Unfortunately for Edelson PC and Dinerstein, Judge Pallmeyer, on September 2020, dismissed the case, stating the plaintiff failed to prove to the court that damages were incurred as a result of the partnership’s actions. In the ruling, the judge explained that the complainant had not adequately alleged that UChicago’s claimed breach of contract brought him economic damages.
Additionally, the judge rejected Dinerstein’s claims that the medical records in question have economic value and were passed on to another entity without his consent. The plaintiff failed to provide evidence that Google misused the information it obtained from UChicago or made attempts to identify the patients. Ultimately, based on the court’s ruling, a patient needs to demonstrate that the value of their medical information has been reduced due to the privacy breach.
As early as 2005, stakeholders from various sectors have expressed concerns over the inadequacies of HIPAA—which was first drafted in 1996 and has had various revisions since then—in the current setting. A survey on the adequacy of HIPAA’s privacy rule, published by the New York University, points out that the plain language notice of privacy practices is not enough to meet the goals of protecting all person’s private health data.
A commentary published on Bill of Health, an online platform managed by Petri-Flom Center of Harvard Law School, said that ‘without a clear method to demonstrate damages, contract-based health privacy claims are likely to fail.’ This is in reaction to the judge’s ruling requiring patients to demonstrate the value of their medical records.
The article went on to explain the deficiencies of contract law in upholding patient privacy. Dinerstein insisted he signed a privacy contract with the academic hospital upon admission. The court held that despite the breach of privacy contract, the complainant was not able to present the damage it had caused him.
Technology companies may be able to reidentify patients even if their records have been stripped off of personally identifiable data, as alleged by Dinerstein. According to him, the data passed on to Google by the UChicago Medical Center had no patient names but had little information that can be used by the search engine company to reidentify patients, along with the database the firm has in its hands. The judge, however, opined that HIPAA allows the use of medical records for research purposes as long as specific personal identifiers were removed.
Before the Dinerstein case, Google’s parent company, Alphabet, formed an artificial-intelligence-focused research group named DeepMind, which was accused of patient privacy breaches when it partnered with the United Kingdom’s National Health Service to process medical information for research.
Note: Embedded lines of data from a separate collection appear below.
-- ===== src/Repo/Calls/References.antt =====
-- The references of every record to its tenant and its model version, under any writes.
use contrato_core.Base.{
  ℕ, ◌≡◌, String, true, not, any, Option, none, some, List, ◌∷◌, pair_eq, string_eq, nat_eq, ◌==◌,
  All, All-mono, All-select, arith, Bool-cases, inl, inr,
}
use contrato_core.Storage.{Tenant, Kind, Status, ModelVersion, Node, Edge, Property}
use contrato_core.Storage.Server.{Db, World, ContractRow, ObjectRow, has_tenant, has_model}
use contrato_core.Storage.Statements.{insert_keeps, statement_keeps}
use contrato_core.Repo.Appending.{
  create-Appends, put_node-Appends, put_edge-Appends, put_property-Appends, append_contract-Appends,
  append_object-Appends,
}
use contrato_core.Repo.ModelVersions
use contrato_core.Repo.ModelVersions.{create}
use contrato_core.Repo.Graph.{nodes, edges, put_node, put_edge}
use contrato_core.Repo.Properties.{properties, put_property}
use contrato_core.Repo.Contracts.{contracts, append_contract}
use contrato_core.Repo.Objects.{objects, append_object, delete_by_node_id, object_key}
use contrato_core.Repo.Registries.{
  tenant_of, upsert_tenant, create_tenant, create_type, create_status, add_kind, add_status,
  is_kind, is_status,
}
use contrato_core.Repo.Calls.{
  Call, new_tenant, new_type, new_status, new_model_version, write_node, write_edge, write_property,
  write_contract, write_object, delete_objects, perform,
}
use contrato_core.Repo.Calls.WellFormed.{
  IsWellFormed, Appended_elim, put_contract-world, put_object-world,
}

abbrev pub Owned : Db → String → Type 0
Owned d t = has_tenant d t ≡ true

abbrev pub Pinned : Db → String → String → ℕ → Type 0
Pinned d t m v = Owned d t × (has_model d t m v ≡ true)

pub record IsLinked (d : Db) : Type 0 where
  pub types : All (λ r. Owned d r.tenant_id) d.types
  pub statuses : All (λ r. Owned d r.tenant_id) d.statuses
  pub model_versions : All (λ r. Owned d r.tenant_id) d.model_versions
  pub nodes : All (λ r. Pinned d r.tenant_id r.model_id r.model_version) d.nodes
  pub edges : All (λ r. Pinned d r.tenant_id r.model_id r.model_version) d.edges
  pub properties : All (λ r. Pinned d r.tenant_id r.model_id r.model_version) d.properties
  pub contracts : All (λ r. Pinned d r.tenant_id r.model_id r.model_version) d.contracts
  pub objects : All (λ r. Owned d r.tenant_id) d.objects

model_version-Owned :
    (d : Db) (r : ModelVersion) → ModelVersions.table.admits d r ≡ true → Owned d r.tenant_id
model_version-Owned d r h = ground arith

node-Pinned :
    (d : Db) (r : Node) → nodes.admits d r ≡ true → Pinned d r.tenant_id r.model_id r.model_version
node-Pinned d r h = ground arith

edge-Pinned :
    (d : Db) (r : Edge) → edges.admits d r ≡ true → Pinned d r.tenant_id r.model_id r.model_version
edge-Pinned d r h = ground arith

property-Pinned :
    (d : Db) (r : Property)
    → properties.admits d r ≡ true
    → Pinned d r.tenant_id r.model_id r.model_version
property-Pinned d r h = ground arith

contract-Pinned :
    (d : Db) (r : ContractRow)
    → contracts.admits d r ≡ true
    → Pinned d r.tenant_id r.model_id r.model_version
contract-Pinned d r h = ground arith

object-Owned : (d : Db) (r : ObjectRow) → objects.admits d r ≡ true → Owned d r.tenant_id
object-Owned d r h = ground arith

-- A database with one more tenant or one more model version has the references of the old one.
module _ (d : Db) (t : Tenant) where
  abbrev with_tenant : Db
  with_tenant = record d { tenants = t ∷ d.tenants }

  Owned-tenant : (s : String) → Owned d s → Owned with_tenant s
  unfolding has_tenant
  Owned-tenant s h = ground arith

  Pinned-tenant : (s m : String) (v : ℕ) → Pinned d s m v → Pinned with_tenant s m v
  unfolding has_model
  Pinned-tenant s m v (o, h) = (Owned-tenant s o, h)

  IsLinked-tenant : IsLinked d → IsLinked with_tenant
  IsLinked-tenant h = record {
    types = All-mono (λ r. Owned-tenant r.tenant_id) _ h.types;
    statuses = All-mono (λ r. Owned-tenant r.tenant_id) _ h.statuses;
    model_versions = All-mono (λ r. Owned-tenant r.tenant_id) _ h.model_versions;
    nodes = All-mono (λ r. Pinned-tenant r.tenant_id r.model_id r.model_version) _ h.nodes;
    edges = All-mono (λ r. Pinned-tenant r.tenant_id r.model_id r.model_version) _ h.edges;
    properties =
        All-mono (λ r. Pinned-tenant r.tenant_id r.model_id r.model_version) _ h.properties;
    contracts = All-mono (λ r. Pinned-tenant r.tenant_id r.model_id r.model_version) _ h.contracts;
    objects = All-mono (λ r. Owned-tenant r.tenant_id) _ h.objects;
  }

module _ (d : Db) (mv : ModelVersion) where
  abbrev with_model : Db
  with_model = record d { model_versions = mv ∷ d.model_versions }

  Pinned-model : (s m : String) (v : ℕ) → Pinned d s m v → Pinned with_model s m v
  unfolding has_tenant has_model
  Pinned-model s m v (o, h) = (o, ground (arith, h))

  IsLinked-model : Owned d mv.tenant_id → IsLinked d → IsLinked with_model
  unfolding has_tenant
  IsLinked-model o h = record {
    types = h.types;
    statuses = h.statuses;
    model_versions = (o, h.model_versions);
    nodes = All-mono (λ r. Pinned-model r.tenant_id r.model_id r.model_version) _ h.nodes;
    edges = All-mono (λ r. Pinned-model r.tenant_id r.model_id r.model_version) _ h.edges;
    properties = All-mono (λ r. Pinned-model r.tenant_id r.model_id r.model_version) _ h.properties;
    contracts = All-mono (λ r. Pinned-model r.tenant_id r.model_id r.model_version) _ h.contracts;
    objects = h.objects;
  }

upsert_tenant-IsLinked :
    (name : String) (w : World) (o : Option Tenant)
    → IsLinked w.db
    → IsLinked (upsert_tenant name w o).1
upsert_tenant-IsLinked name w none h = IsLinked-tenant w.db _ h
upsert_tenant-IsLinked name w (some t) h = h

add_kind-All :
    (P : Kind → Type 0) (k : Kind) (rs : List Kind) → P k → All P rs → All P (add_kind k rs)
add_kind-All P k rs p h = elim (Bool-cases (any (is_kind k) rs)) [
  | inl e ↦ rw e h
  | inr e ↦ rw e (p, h)
]

add_status-All :
    (P : Status → Type 0) (s : Status) (rs : List Status) → P s → All P rs → All P (add_status s rs)
add_status-All P s rs p h = elim (Bool-cases (any (is_status s) rs)) [
  | inl e ↦ rw e h
  | inr e ↦ rw e (p, h)
]

module _ (etag_of : String → String) where
  -- Each call, on success and on failure, keeps the references of every record.
  pub perform-IsLinked :
      (c : Call) (w : World) → IsWellFormed w.db → IsLinked w.db → IsLinked (perform etag_of c w).db
  unfolding perform create_type create_status create_tenant delete_by_node_id has_tenant has_model
  perform-IsLinked (new_tenant name) w n h =
      insert_keeps IsLinked _ _ w h (λ _. upsert_tenant-IsLinked name w (tenant_of name w) h)
  perform-IsLinked (new_type k) w n h =
      insert_keeps IsLinked _ _ w h
        (λ ad. assumption (add_kind-All (λ r. Owned w.db r.tenant_id) k w.db.types ad h.types))
  perform-IsLinked (new_status s) w n h = insert_keeps IsLinked _ _ w h (λ ad.
      assumption (add_status-All (λ r. Owned w.db r.tenant_id) s w.db.statuses ad h.statuses))
  perform-IsLinked (new_model_version mv) w n h =
      Appended_elim ModelVersions.table IsLinked w.db (create mv w) h
        (λ r _ ad. IsLinked-model w.db r (model_version-Owned w.db r ad) h)
        ((create-Appends mv).at w n.model_versions)
  perform-IsLinked (write_node x opts) w n h =
      Appended_elim nodes IsLinked w.db (put_node x opts w) h
        (λ r _ ad. assumption (node-Pinned w.db r ad)) ((put_node-Appends x opts).at w n.nodes)
  perform-IsLinked (write_edge x opts) w n h =
      Appended_elim edges IsLinked w.db (put_edge x opts w) h
        (λ r _ ad. assumption (edge-Pinned w.db r ad)) ((put_edge-Appends x opts).at w n.edges)
  perform-IsLinked (write_property p opts) w n h =
      Appended_elim properties IsLinked w.db (put_property p opts w) h
        (λ r _ ad. assumption (property-Pinned w.db r ad))
        ((put_property-Appends p opts).at w n.properties)
  perform-IsLinked (write_contract rec opts) w n h = rw (put_contract-world rec opts w) (
      Appended_elim contracts IsLinked w.db (append_contract rec opts w) h
        (λ r _ ad. assumption (contract-Pinned w.db r ad))
        ((append_contract-Appends rec opts).at w n.contracts))
  perform-IsLinked (write_object o opts) w n h = rw (put_object-world etag_of o opts w) (
      Appended_elim objects IsLinked w.db (append_object etag_of o opts w) h
        (λ r _ ad. assumption (object-Owned w.db r ad))
        ((append_object-Appends etag_of o opts).at w n.objects))
  perform-IsLinked (delete_objects tenant_id node_id) w n h = statement_keeps IsLinked _ w h (
      assumption (
        All-select (λ r. Owned w.db r.tenant_id) (λ r. not (object_key r == (tenant_id, node_id)))
          w.db.objects h.objects))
The Dinerstein decision is a success for Google, which is being scrutinized also for a similar alliance with a nonprofit healthcare system, Ascension. Lawmakers are demanding both parties to divulge additional information about the type of information Ascension has shared to the tech company, whether patients were informed about the partnership, and whether they can easily decide to be excluded from data sharing.
Technology is a powerful tool, and it can be used to improve the healthcare sector by leaps and bounds. In order to develop diagnostic and predictive algorithms, a system must be fed with vast information from electronic records. These records are the very same sets of information that medical institutions have committed to protect.
Unlike the other successful cases, the Dinerstein case shows HIPAA may not be able to provide umbrella protection for patients who find that their privacy rights are not adequately safeguarded. For this, the federal government may need to step in to ensure that additional privacy protection measures are in place.